Antibiotic resistance in food-producing livestock at lowest levels in a decade

20 November 2024

Vet administering an injection

UK livestock efforts continue to drive positive results in tackling antimicrobial resistance with antibiotic use remaining low and long-term surveillance showing resistance is reducing and sitting at an all-time low.

The latest VARSS report, published by the Veterinary Medicines Directorate, has revealed that multi-drug resistance in UK animals remains at its lowest level since reporting started a decade ago.

This marks significant progress for farmers and vets who have worked hard to reduce antibiotic use in food-producing animals. 

The figures show that antibiotic sales in food-producing animals remain at a 59% reduction since 2014. 

Sales of antibiotics of highest critical importance to human health account for less than 0.5% of total veterinary antibiotic sales.

The report marks 10 years of collecting data on AMR (antimicrobial resistance) from pigs and poultry and for the first time reports on AMR levels in sheep, beef and dairy cattle. 

A second set of figures, published in the RUMA Targets Task Force 2 (TTF2) progress report, also highlights that 2023 has been another year of great effort and commitment from across UK livestock sectors in the responsible use of antibiotics, with national usage figures remaining low and largely unchanged from last year.

The report summarises the fourth year of progress against the current set of antibiotic use targets which span 2021–2024.

The majority of sectors saw maintained or reduced levels of antibiotic use and where there were increases, it was in response to disease challenges where targeted responsible use was necessary to manage disease and prevent animal welfare being compromised.

Livestock breakdown

The Medicine Hub data, developed and resourced by AHDB on behalf of the industry, showed that the HP-CIA (highest priority critically important) antibiotics use is minimal across the ruminant sectors, while part-year data for antibiotics over all three sectors is also promising and reinforces the long-held view that ruminants are not high users of antibiotics.

The TTF also showcases the upskilling efforts of farmers, vets and students around best practice in medicine use, with initiatives apparent around farm health planning, endemic disease control and biosecurity.

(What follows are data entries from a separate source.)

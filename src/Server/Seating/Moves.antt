-- ===== src/Server/Seating/Moves.antt =====
-- A move, a timeout and a wrong message leave all players where they sit.
use kierki.Prelude.{
  ℕ, suc, ◌+◌, Bool, true, false, not, ◌||◌, ◌&&◌, List, [], ◌∷◌, ◌++◌, Option, none, some, ◌≡◌,
  refl, ◌==◌, ltb, length, get_elem?, lookup, ◌>>=◌, Returns, Returns-mono, Returns-if,
  Returns-bind,
}
use kierki.Types.{Side, side_eq, sides, Card, nxt_side, update, hand_at, tricks_per_round}
use kierki.GameRules.{is_move_legal, who_takes}
use kierki.SendJob.{SendJob, taken, trick, wrong, deal, score, total}
use kierki.IoWorkerMgr
use kierki.IoWorkerMgr.{
  WorkerStatus, serving_unknown, serving_active, serving_proxy, cleanup, cleanup_unknown, shutdown,
  status_code,
}
use kierki.Server.{Server, with_mgr, send_to_side, send_each, prepare_round, finalize}
use kierki.Server.Round.{
  update_penalties, clear_tmp_penalties, entries, ask_next, deal_all, send_scores, put_card,
  end_round, finish_trick, play, tricked_as, player_tricked,
}
use kierki.Server.Players.{handle_timeout, handle_wrong_message}
use kierki.Server.Seating.Keeping.{
  KeepsSeats, KeepsRoles-same, KeepsSeats-refl, KeepsSeats-trans, KeepsSeats-then,
  with_mgr-KeepsSeats, send_to_side-KeepsSeats, send_to_worker-KeepsSeats, send_each-KeepsSeats,
  finalize-KeepsSeats, set_role-KeepsRoles, send_kill-KeepsRoles,
}

pub send_kill-KeepsSeats :
    (ix : ℕ) (st : Server) → Returns (KeepsSeats st) (with_mgr (IoWorkerMgr.send_kill ix) st)
send_kill-KeepsSeats ix st =
    with_mgr-KeepsSeats (IoWorkerMgr.send_kill ix) st (send_kill-KeepsRoles ix st.worker_mgr)

pub set_role-KeepsSeats :
    (ix : ℕ) (role : WorkerStatus) (st : Server)
    → (status_code role == 0) ≡ false
    → Returns (KeepsSeats st) (with_mgr (IoWorkerMgr.set_role ix role) st)
set_role-KeepsSeats ix role st known =
    with_mgr-KeepsSeats (IoWorkerMgr.set_role ix role) st
      (set_role-KeepsRoles ix role st.worker_mgr known)

-- The state differs in fields of the game only.
abbrev pub SameGame : Server → Server → Type 0
SameGame st t =
    (t.active_sides ≡ st.active_sides)
    × (t.worker_to_side ≡ st.worker_to_side)
    × (t.players_connected ≡ st.players_connected)
    × (t.worker_mgr ≡ st.worker_mgr)

pub KeepsSeats-game : (st t : Server) → SameGame st t → KeepsSeats st t
KeepsSeats-game st t (a, w, c, m) = record {
  same_active = a;
  same_sides = w;
  same_count = c;
  roles = rw m (KeepsRoles-same st.worker_mgr st.worker_mgr refl refl);
}

-- Such a change, and a step behind it.
pub KeepsSeats-after :
    (st t : Server) (x : Option Server)
    → SameGame st t
    → Returns (KeepsSeats t) x
    → Returns (KeepsSeats st) x
KeepsSeats-after st t x g h =
    Returns-mono (KeepsSeats t) (KeepsSeats st) x
      (λ u q. KeepsSeats-trans (KeepsSeats-game st t g) q) h

abbrev pub KeepsAnswer : Server → Server × Bool → Type 0
KeepsAnswer st (t, b) = KeepsSeats st t

-- A step with an answer of the handler behind it.
pub with_answer :
    (st : Server) (x : Option Server) (b : Bool)
    → Returns (KeepsSeats st) x
    → Returns (KeepsAnswer st) (x >>= λ t. some (t, b))
with_answer st none b h = tt
with_answer st (some t) b h = h

pub ask_next-KeepsSeats : (st : Server) → Returns (KeepsSeats st) (ask_next st)
unfolding ask_next
ask_next-KeepsSeats st = send_to_side-KeepsSeats (trick st.table st.trick_no) st.next_move st

pub deal_all-KeepsSeats : (st : Server) → Returns (KeepsSeats st) (deal_all st)
unfolding deal_all
deal_all-KeepsSeats st =
    send_each-KeepsSeats (λ s. deal st.round_mode st.next_move (hand_at st.hands s)) sides st

pub prepare_round-KeepsSeats : (st : Server) → Returns (KeepsSeats st) (prepare_round st)
unfolding prepare_round
prepare_round-KeepsSeats st =
    Returns-bind (KeepsSeats st) (get_elem? st.game_scenario st.round_number) _
      (λ d e. KeepsSeats-game st _ (refl, refl, refl, refl))

send_scores-KeepsSeats :
    (msg_score msg_total : SendJob) (ss : List Side) (st : Server)
    → Returns (KeepsSeats st) (send_scores msg_score msg_total ss st)
unfolding send_scores
send_scores-KeepsSeats msg_score msg_total [] st = KeepsSeats-refl st
send_scores-KeepsSeats msg_score msg_total (s ∷ ss) st =
    KeepsSeats-then st (send_to_side msg_score s st) _ (send_to_side-KeepsSeats msg_score s st)
      (λ st1.
        KeepsSeats-then st1 (send_to_side msg_total s st1) (send_scores msg_score msg_total ss)
          (send_to_side-KeepsSeats msg_total s st1) (send_scores-KeepsSeats msg_score msg_total ss))

-- The next round behind a state whose round is over.
next_round-KeepsSeats :
    (st : Server)
    → Returns (KeepsSeats st) (do
      st4 ← prepare_round st
      st5 ← deal_all (record st4 { last_deal = st4.hands })
      ask_next st5)
next_round-KeepsSeats st =
    KeepsSeats-then st (prepare_round st) _ (prepare_round-KeepsSeats st) (λ st4.
      let t = record st4 { last_deal = st4.hands } in
      KeepsSeats-after st4 t _ (refl, refl, refl, refl)
        (KeepsSeats-then t (deal_all t) ask_next (deal_all-KeepsSeats t) ask_next-KeepsSeats))

module _ (order : List Side) where
  end_round-KeepsSeats : (st : Server) → Returns (KeepsSeats st) (end_round order st)
  unfolding end_round
  end_round-KeepsSeats st =
      let st1 = record st { penalties = update_penalties sides st.penalties_round st.penalties } in
      let msg_score = score (entries order st1.penalties_round) in
      let msg_total = total (entries order st1.penalties) in
      KeepsSeats-after st st1 _ (refl, refl, refl, refl)
        (KeepsSeats-then st1 (send_scores msg_score msg_total sides st1) _
          (send_scores-KeepsSeats msg_score msg_total sides st1)
          (λ st2.
            let st3 = record st2 {
              penalties_round = clear_tmp_penalties sides st2.penalties_round;
              round_number = suc st2.round_number;
            } in
            KeepsSeats-after st2 st3 _ (refl, refl, refl, refl)
              (Returns-if (KeepsSeats st3) (st3.round_number == length st3.game_scenario)
                (finalize st3) _ (λ e. finalize-KeepsSeats st3) (λ e. next_round-KeepsSeats st3))))

  finish_trick-KeepsSeats : (st : Server) → Returns (KeepsSeats st) (finish_trick order st)
  unfolding finish_trick
  finish_trick-KeepsSeats st =
      Returns-bind (KeepsSeats st) (who_takes st.next_move st.table st.round_mode st.trick_no) _
        (λ r e.
          let msg_taken = taken st.table r.0 st.trick_no in
          let st1 = record st {
            next_move = r.0;
            penalties_round = update st.penalties_round r.0 (st.penalties_round r.0 + r.1);
            trick_no = suc st.trick_no;
            table = [];
          } in
          KeepsSeats-after st st1 _ (refl, refl, refl, refl)
            (KeepsSeats-then st1 (send_each (λ s. msg_taken) sides st1) _
              (send_each-KeepsSeats (λ s. msg_taken) sides st1)
              (λ st2.
                let st3 = record st2 { taken_in_round = st2.taken_in_round ++ msg_taken ∷ [] } in
                KeepsSeats-after st2 st3 _ (refl, refl, refl, refl)
                  (Returns-if (KeepsSeats st3) (st3.trick_no == tricks_per_round + 1)
                    (end_round order st3) _ (λ f. end_round-KeepsSeats st3)
                    (λ f. ask_next-KeepsSeats st3)))))

  put_card-KeepsSeats :
      (card : Card) (side : Side) (st : Server) → Returns (KeepsSeats st) (put_card card side st)
  unfolding put_card
  put_card-KeepsSeats card side st =
      Returns-bind (KeepsSeats st) (nxt_side st.next_move) _
        (λ n e. KeepsSeats-game st _ (refl, refl, refl, refl))

  play-KeepsSeats :
      (n : ℕ) (card : Card) (side : Side) (st : Server)
      → Returns (KeepsSeats st) (play order n card side st)
  unfolding play
  play-KeepsSeats n card side st =
      let refusal = send_to_side-KeepsSeats (wrong st.trick_no) side st in
      Returns-if (KeepsSeats st) (not (n == st.trick_no) || not (side_eq st.next_move side))
        (send_to_side (wrong st.trick_no) side st) _ (λ e. refusal)
        (λ e. Returns-bind (KeepsSeats st) (is_move_legal side card st.hands st.table) _ (λ legal f.
          Returns-if (KeepsSeats st) (not legal) (send_to_side (wrong st.trick_no) side st) _
            (λ g. refusal)
            (λ g.
              KeepsSeats-then st (put_card card side st) _ (put_card-KeepsSeats card side st)
                (λ st1.
                  Returns-if (KeepsSeats st1) (length st1.table == 4) (finish_trick order st1) _
                    (λ k. finish_trick-KeepsSeats st1) (λ k. ask_next-KeepsSeats st1)))))

  tricked_as-KeepsSeats :
      (role : WorkerStatus) (n : ℕ) (card : Card) (ix : ℕ) (st : Server)
      → Returns (KeepsSeats st) (tricked_as order role n card ix st)
  unfolding tricked_as
  tricked_as-KeepsSeats serving_unknown n card ix st =
      KeepsSeats-then st (with_mgr (IoWorkerMgr.set_role ix cleanup_unknown) st) _
        (set_role-KeepsSeats ix cleanup_unknown st refl) (send_kill-KeepsSeats ix)
  tricked_as-KeepsSeats serving_active n card ix st =
      Returns-bind (KeepsSeats st) (lookup ix st.worker_to_side) _
        (λ side e. play-KeepsSeats n card side st)
  tricked_as-KeepsSeats serving_proxy n card ix st =
      KeepsSeats-then st (with_mgr (IoWorkerMgr.set_role ix cleanup_unknown) st) finalize
        (set_role-KeepsSeats ix cleanup_unknown st refl) finalize-KeepsSeats
  tricked_as-KeepsSeats cleanup n card ix st =
      Returns-bind (KeepsSeats st) (lookup ix st.zombie_worker_to_side) _
        (λ side e. play-KeepsSeats n card side st)
  tricked_as-KeepsSeats cleanup_unknown n card ix st = KeepsSeats-refl st
  tricked_as-KeepsSeats shutdown n card ix st = KeepsSeats-refl st

  pub player_tricked-KeepsSeats :
      (n : ℕ) (card : Card) (ix : ℕ) (st : Server)
      → Returns (KeepsAnswer st) (player_tricked order n card ix st)
  unfolding player_tricked
  player_tricked-KeepsSeats n card ix st =
      Returns-if (KeepsAnswer st) (ltb st.players_connected 4) (some (st, false)) _
        (λ e. KeepsSeats-refl st)
        (λ e. Returns-bind (KeepsAnswer st) (IoWorkerMgr.get_role ix st.worker_mgr) _ (λ role f.
          with_answer st (tricked_as order role n card ix st) true
            (tricked_as-KeepsSeats role n card ix st)))

pub handle_timeout-KeepsSeats :
    (ix : ℕ) (st : Server) → Returns (KeepsSeats st) (handle_timeout ix st)
unfolding handle_timeout
handle_timeout-KeepsSeats ix st =
    Returns-if (KeepsSeats st) st.exiting (some st) _ (λ e. KeepsSeats-refl st)
      (λ e. Returns-bind (KeepsSeats st) (IoWorkerMgr.get_role ix st.worker_mgr) _ (λ role f.
        Returns-if (KeepsSeats st) (status_code role == status_code serving_unknown) _ _
          (λ g. send_kill-KeepsSeats ix st)
          (λ g.
            Returns-if (KeepsSeats st) (status_code role == status_code serving_active) _ (some st)
              (λ h. Returns-bind (KeepsSeats st) (lookup ix st.worker_to_side) _ (λ side k.
                Returns-if (KeepsSeats st) (not (side_eq st.next_move side)) (some st) _
                  (λ l. KeepsSeats-refl st)
                  (λ l.
                    Returns-if (KeepsSeats st) (ltb st.players_connected 4) (some st) _
                      (λ o. KeepsSeats-refl st)
                      (λ o. send_to_worker-KeepsSeats (trick st.table st.trick_no) ix st))))
              (λ h. KeepsSeats-refl st))))

pub handle_wrong_message-KeepsSeats :
    (ix : ℕ) (st : Server) → Returns (KeepsAnswer st) (handle_wrong_message ix st)
unfolding handle_wrong_message
handle_wrong_message-KeepsSeats ix st =
    Returns-if (KeepsAnswer st) (ltb st.players_connected 4 && not st.exiting) (some (st, false)) _
      (λ e. KeepsSeats-refl st)
      (λ e.
        with_answer st (with_mgr (IoWorkerMgr.send_kill ix) st) true (send_kill-KeepsSeats ix st))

In sheep, Footrot vaccine uptake is also up from 16.3% to 17.8%, following ongoing supply shortages in 2022 which took some time to recover.

These latest figures demonstrate that the collaborative, voluntary efforts over the past decade in addressing AMR are clearly paying off.

NFU chief animal health and welfare adviser Cat McLaughlin

Poultry breakdown

The antibiotic usage data from members of the BEIC Lion Scheme continues to remain below the 1% bird days – the sector remains below target by 22%.

This is a significant achievement, especially considering that the national flock expanded by nearly 2 million birds over this time-period.

For the seventh year running no HP-CIAs were used. 

The sector has maintained robust vaccination programmes and good biosecurity with ongoing co-operation and understanding among vets and farmers that antibiotic use is generally a last resort.

For the poultry meat sector, British Poultry Council member businesses have reduced their total antibiotic use by 81% since 2012:

  • broiler chickens are at 13.54 mg/PCU (under the 25 mg/ PCU sector-specific target)
  • turkeys are 33.62 mg/PCU (under 50 mg/PCU)
  • both down from last year.

Collaborative efforts paying off

On the publication of the reports, NFU chief animal health and welfare adviser and RUMA chair Cat McLaughlin said: “UK agriculture is a leader when it comes to the responsible use of antibiotics, and these latest figures demonstrate that the collaborative, voluntary efforts over the past decade in addressing AMR are clearly paying off.

"There is a much-reported global statistic that about 70-80% of antibiotics are being used by animals while 20-30% are used by humans. In the UK, the reality is reversed with about 70% humans and 26% animals.

“Animals do get sick at times even with the best health care and preventive plans in place, and antibiotics remain a key medicine in the treatment ‘toolbox’ to help recovery. In those situations, antibiotics are rightfully needed and should be delivered under the mantra of ‘as little as possible, as much as necessary".